# Directions
Of the material below, the lines to be retyped are those from the line containing "increment-IsSpent _ (ip_key" through the line containing "other_key : (k", inclusive; reproduce them exactly.

# Data provided

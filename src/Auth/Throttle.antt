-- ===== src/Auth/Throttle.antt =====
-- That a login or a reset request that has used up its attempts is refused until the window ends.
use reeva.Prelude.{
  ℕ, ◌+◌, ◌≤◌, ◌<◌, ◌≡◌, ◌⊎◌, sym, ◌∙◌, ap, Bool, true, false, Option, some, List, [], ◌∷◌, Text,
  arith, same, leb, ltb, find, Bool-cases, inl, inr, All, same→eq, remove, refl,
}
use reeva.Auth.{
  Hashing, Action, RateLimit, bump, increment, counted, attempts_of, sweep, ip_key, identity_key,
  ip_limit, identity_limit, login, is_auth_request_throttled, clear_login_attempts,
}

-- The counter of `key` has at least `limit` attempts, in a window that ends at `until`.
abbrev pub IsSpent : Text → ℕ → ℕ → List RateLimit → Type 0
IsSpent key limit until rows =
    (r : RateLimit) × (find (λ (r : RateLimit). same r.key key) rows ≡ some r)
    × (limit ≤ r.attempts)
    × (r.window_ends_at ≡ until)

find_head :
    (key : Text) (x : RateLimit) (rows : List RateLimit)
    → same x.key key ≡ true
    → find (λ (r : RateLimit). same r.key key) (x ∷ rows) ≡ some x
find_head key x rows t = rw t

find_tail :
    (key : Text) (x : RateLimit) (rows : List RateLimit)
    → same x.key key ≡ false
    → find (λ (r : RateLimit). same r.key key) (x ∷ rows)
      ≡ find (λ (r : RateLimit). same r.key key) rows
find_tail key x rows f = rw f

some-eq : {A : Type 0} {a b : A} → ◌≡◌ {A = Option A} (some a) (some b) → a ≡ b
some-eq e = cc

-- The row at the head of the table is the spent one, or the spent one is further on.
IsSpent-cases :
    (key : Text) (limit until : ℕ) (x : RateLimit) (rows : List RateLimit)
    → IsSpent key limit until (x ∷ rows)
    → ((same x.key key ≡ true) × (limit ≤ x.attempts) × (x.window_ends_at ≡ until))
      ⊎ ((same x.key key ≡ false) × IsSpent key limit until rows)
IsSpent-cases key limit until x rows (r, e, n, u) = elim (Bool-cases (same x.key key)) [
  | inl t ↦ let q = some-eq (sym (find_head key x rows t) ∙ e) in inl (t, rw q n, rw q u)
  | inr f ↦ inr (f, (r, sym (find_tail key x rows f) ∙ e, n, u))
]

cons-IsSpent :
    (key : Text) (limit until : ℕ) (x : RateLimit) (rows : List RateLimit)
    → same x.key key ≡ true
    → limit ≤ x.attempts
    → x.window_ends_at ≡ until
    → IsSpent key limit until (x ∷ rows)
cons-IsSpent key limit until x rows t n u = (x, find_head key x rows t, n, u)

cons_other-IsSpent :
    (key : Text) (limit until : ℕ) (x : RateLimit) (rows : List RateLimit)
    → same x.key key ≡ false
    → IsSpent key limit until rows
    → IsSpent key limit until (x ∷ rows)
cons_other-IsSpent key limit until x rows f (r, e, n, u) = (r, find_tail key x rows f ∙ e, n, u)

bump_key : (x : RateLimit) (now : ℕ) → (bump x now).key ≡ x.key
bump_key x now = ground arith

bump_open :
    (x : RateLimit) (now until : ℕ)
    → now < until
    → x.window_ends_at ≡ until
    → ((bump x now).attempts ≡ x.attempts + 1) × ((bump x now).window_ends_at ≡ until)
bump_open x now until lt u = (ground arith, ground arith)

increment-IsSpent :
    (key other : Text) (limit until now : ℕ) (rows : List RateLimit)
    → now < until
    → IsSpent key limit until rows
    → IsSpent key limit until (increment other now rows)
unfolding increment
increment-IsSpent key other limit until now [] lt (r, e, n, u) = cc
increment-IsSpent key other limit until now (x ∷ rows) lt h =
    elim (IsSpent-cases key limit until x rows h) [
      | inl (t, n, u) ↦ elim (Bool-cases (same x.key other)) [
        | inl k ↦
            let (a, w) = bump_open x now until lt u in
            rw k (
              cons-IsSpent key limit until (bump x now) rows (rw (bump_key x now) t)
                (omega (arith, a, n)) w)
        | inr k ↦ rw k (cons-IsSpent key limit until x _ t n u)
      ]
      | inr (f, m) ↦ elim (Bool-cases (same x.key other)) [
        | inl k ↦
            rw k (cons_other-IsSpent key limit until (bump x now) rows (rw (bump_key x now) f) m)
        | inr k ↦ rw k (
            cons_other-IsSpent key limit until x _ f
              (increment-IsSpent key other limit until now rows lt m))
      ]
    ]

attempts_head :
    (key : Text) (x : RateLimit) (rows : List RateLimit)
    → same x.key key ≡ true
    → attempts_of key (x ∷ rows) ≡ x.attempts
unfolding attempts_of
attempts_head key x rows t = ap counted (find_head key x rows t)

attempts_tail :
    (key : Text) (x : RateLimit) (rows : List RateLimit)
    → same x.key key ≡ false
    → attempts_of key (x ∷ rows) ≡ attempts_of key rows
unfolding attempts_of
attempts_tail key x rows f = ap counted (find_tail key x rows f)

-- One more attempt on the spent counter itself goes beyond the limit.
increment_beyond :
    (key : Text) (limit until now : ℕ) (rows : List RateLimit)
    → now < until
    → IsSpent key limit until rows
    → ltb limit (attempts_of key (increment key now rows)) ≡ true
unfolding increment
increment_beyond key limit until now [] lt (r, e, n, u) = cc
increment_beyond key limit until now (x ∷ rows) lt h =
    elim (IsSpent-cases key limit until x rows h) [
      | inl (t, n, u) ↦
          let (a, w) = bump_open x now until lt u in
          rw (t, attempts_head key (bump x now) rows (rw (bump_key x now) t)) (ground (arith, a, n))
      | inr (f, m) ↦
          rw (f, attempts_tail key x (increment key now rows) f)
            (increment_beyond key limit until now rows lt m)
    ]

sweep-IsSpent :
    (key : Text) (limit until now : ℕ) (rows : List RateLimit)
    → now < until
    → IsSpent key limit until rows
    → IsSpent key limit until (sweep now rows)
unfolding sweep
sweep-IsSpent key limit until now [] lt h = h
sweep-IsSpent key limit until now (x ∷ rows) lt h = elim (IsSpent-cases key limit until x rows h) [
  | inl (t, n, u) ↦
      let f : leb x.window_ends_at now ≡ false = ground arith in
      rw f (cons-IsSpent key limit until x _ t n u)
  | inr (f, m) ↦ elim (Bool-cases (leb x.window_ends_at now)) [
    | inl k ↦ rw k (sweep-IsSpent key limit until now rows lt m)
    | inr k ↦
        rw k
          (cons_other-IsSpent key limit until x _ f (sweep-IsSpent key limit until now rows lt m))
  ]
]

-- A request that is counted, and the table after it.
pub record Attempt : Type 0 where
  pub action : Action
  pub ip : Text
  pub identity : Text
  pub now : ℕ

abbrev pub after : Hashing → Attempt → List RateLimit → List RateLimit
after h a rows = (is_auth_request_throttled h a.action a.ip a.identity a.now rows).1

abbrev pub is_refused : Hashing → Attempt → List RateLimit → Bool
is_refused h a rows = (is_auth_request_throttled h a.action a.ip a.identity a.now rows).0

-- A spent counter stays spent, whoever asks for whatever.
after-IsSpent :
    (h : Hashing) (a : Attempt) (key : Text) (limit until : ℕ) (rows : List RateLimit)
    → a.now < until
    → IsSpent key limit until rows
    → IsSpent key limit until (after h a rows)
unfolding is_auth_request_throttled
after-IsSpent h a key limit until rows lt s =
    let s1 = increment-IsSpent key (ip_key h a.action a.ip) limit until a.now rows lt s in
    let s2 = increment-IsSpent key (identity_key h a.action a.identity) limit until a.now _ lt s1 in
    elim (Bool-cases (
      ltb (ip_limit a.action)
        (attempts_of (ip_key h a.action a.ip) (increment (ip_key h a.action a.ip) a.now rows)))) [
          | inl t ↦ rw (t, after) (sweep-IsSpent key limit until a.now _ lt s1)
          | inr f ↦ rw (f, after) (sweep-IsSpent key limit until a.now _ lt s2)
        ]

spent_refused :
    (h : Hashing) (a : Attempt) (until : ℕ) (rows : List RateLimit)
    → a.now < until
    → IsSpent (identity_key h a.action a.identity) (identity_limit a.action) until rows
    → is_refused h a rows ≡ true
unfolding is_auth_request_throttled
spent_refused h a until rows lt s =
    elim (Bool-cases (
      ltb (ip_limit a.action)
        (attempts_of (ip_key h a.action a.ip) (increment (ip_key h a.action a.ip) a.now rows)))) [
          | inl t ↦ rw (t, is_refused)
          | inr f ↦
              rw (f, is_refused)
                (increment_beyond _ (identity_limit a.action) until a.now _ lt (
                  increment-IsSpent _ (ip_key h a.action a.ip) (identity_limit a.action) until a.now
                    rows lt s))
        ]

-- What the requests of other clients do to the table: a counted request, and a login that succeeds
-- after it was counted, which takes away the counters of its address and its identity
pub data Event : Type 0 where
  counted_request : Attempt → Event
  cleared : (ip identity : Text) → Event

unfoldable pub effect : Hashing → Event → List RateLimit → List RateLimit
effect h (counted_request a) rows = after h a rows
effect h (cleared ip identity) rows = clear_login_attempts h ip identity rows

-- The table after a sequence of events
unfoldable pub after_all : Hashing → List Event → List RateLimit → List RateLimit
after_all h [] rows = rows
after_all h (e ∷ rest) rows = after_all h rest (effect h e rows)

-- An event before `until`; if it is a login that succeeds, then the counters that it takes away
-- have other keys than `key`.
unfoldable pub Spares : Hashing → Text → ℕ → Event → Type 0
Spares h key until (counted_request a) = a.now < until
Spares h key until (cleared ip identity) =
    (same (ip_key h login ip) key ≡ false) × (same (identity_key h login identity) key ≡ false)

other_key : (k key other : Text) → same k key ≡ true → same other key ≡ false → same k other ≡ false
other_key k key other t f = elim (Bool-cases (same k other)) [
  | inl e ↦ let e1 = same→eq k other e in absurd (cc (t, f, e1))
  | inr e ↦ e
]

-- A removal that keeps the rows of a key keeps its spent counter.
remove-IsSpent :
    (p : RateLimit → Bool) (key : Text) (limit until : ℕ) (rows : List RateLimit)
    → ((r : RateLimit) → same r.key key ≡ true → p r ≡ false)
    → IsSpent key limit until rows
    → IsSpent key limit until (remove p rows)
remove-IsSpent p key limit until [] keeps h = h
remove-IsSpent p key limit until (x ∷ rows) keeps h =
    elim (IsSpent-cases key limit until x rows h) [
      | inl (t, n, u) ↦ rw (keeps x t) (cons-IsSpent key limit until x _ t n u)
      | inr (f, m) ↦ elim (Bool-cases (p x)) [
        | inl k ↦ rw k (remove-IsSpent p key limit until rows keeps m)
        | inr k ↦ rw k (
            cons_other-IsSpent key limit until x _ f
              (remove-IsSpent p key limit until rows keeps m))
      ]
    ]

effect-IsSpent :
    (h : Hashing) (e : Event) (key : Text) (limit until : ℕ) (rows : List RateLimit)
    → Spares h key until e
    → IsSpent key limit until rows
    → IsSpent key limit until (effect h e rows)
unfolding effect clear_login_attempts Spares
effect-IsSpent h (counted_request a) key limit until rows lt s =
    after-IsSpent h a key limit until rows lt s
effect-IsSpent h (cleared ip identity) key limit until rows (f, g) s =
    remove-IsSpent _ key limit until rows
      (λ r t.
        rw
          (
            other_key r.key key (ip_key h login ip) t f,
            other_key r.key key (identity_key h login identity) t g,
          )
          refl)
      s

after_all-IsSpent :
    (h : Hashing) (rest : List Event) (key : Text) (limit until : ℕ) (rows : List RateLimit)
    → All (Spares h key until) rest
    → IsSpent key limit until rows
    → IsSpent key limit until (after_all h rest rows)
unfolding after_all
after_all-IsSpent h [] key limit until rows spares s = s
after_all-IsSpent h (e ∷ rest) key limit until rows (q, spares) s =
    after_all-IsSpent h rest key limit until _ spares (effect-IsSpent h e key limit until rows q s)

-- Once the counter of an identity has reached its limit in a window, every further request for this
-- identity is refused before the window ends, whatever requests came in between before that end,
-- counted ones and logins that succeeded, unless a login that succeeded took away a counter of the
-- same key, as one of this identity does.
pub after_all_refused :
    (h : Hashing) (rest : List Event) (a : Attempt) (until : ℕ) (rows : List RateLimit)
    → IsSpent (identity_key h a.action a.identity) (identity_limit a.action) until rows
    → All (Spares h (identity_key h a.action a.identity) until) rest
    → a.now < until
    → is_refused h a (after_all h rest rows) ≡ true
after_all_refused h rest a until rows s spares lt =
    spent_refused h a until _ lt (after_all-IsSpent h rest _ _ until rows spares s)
--
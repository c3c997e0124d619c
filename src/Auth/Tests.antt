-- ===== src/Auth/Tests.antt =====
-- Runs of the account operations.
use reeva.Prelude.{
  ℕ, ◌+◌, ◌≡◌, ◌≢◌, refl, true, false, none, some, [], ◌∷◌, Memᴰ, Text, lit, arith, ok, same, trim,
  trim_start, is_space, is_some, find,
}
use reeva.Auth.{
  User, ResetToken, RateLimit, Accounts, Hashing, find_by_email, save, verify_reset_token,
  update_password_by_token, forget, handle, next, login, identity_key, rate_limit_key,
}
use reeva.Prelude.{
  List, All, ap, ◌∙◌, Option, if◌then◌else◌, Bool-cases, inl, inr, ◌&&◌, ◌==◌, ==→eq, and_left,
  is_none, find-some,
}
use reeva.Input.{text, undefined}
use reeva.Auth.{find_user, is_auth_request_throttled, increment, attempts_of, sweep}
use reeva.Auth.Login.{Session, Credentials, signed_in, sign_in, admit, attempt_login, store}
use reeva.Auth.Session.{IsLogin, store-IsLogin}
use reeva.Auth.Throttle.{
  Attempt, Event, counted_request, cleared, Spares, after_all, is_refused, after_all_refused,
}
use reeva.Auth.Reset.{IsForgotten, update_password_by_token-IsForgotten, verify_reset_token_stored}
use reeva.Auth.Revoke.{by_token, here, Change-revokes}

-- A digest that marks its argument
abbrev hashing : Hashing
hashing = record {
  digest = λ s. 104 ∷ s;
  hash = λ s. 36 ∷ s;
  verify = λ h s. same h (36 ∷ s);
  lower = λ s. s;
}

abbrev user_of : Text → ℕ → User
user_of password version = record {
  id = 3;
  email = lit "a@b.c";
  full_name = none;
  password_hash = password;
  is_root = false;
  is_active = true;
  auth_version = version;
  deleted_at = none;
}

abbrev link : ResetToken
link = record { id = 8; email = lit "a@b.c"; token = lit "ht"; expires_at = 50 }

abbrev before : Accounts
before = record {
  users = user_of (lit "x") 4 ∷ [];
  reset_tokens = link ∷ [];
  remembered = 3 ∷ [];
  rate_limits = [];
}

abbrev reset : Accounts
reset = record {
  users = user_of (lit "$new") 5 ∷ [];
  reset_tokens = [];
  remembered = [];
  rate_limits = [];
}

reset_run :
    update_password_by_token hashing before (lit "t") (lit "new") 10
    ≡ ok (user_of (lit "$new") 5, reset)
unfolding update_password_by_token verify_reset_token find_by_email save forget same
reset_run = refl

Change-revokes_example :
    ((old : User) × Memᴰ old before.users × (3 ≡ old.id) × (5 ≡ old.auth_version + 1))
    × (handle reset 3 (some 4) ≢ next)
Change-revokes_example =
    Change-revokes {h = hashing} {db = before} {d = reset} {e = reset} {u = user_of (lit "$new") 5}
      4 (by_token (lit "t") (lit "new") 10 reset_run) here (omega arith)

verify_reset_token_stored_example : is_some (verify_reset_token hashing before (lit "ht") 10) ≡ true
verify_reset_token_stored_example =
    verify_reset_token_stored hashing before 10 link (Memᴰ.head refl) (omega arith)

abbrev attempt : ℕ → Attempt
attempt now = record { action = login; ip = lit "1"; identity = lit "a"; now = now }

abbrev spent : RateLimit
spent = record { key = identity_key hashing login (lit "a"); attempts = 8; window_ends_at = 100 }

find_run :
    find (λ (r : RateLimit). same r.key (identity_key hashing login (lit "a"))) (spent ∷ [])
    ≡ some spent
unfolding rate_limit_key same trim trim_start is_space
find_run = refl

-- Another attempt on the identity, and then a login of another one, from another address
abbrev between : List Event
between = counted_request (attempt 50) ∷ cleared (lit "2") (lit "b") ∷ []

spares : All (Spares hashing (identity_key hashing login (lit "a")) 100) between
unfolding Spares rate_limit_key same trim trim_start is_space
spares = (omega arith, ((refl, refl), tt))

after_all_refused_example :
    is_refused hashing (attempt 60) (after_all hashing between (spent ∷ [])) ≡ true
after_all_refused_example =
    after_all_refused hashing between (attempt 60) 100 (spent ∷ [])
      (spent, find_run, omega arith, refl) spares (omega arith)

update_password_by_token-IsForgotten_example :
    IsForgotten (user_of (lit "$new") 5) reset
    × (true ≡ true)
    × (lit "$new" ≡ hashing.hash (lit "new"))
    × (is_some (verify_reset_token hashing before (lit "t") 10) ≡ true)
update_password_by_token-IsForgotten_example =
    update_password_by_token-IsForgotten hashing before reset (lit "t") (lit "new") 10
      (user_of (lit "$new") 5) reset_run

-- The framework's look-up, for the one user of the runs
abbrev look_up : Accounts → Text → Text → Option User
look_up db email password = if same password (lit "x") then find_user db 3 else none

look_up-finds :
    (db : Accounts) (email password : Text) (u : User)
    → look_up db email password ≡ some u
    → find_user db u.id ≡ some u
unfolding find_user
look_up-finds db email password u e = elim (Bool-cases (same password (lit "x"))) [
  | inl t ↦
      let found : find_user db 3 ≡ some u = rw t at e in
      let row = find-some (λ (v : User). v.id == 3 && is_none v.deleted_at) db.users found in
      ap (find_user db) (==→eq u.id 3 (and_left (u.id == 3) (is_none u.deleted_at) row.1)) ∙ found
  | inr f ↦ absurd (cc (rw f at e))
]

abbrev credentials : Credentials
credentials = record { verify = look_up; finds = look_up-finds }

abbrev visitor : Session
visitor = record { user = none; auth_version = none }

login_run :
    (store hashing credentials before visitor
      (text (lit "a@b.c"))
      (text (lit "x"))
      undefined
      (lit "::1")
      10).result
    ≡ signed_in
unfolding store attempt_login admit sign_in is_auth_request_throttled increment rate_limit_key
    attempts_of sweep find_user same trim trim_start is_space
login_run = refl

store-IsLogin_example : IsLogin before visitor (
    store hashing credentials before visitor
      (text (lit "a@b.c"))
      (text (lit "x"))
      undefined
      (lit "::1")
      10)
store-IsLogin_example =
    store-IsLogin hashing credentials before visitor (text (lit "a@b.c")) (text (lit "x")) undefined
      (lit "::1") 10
==
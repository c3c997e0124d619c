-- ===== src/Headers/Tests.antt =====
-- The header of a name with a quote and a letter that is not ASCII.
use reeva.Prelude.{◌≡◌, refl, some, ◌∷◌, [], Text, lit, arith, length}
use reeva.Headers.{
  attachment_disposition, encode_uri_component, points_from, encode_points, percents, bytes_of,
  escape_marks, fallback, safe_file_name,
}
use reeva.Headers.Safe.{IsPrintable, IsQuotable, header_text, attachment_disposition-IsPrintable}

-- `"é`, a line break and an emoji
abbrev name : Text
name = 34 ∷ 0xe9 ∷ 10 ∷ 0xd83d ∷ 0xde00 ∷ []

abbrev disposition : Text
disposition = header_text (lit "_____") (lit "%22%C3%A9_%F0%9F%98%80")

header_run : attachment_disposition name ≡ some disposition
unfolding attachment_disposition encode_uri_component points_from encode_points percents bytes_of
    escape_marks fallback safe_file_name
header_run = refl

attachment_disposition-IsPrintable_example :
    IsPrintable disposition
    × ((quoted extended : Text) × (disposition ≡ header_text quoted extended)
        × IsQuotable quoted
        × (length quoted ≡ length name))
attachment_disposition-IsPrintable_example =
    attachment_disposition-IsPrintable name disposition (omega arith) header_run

# Answer area
                  increment-IsSpent _ (ip_key h a.action a.ip) (identity_limit a.action) until a.now
                    rows lt s))
        ]

-- What the requests of other clients do to the table: a counted request, and a login that succeeds
-- after it was counted, which takes away the counters of its address and its identity
pub data Event : Type 0 where
  counted_request : Attempt → Event
  cleared : (ip identity : Text) → Event

unfoldable pub effect : Hashing → Event → List RateLimit → List RateLimit
effect h (counted_request a) rows = after h a rows
effect h (cleared ip identity) rows = clear_login_attempts h ip identity rows

-- The table after a sequence of events
unfoldable pub after_all : Hashing → List Event → List RateLimit → List RateLimit
after_all h [] rows = rows
after_all h (e ∷ rest) rows = after_all h rest (effect h e rows)

-- An event before `until`; if it is a login that succeeds, then the counters that it takes away
-- have other keys than `key`.
unfoldable pub Spares : Hashing → Text → ℕ → Event → Type 0
Spares h key until (counted_request a) = a.now < until
Spares h key until (cleared ip identity) =
    (same (ip_key h login ip) key ≡ false) × (same (identity_key h login identity) key ≡ false)

other_key : (k key other : Text) → same k key ≡ true → same other key ≡ false → same k other ≡ false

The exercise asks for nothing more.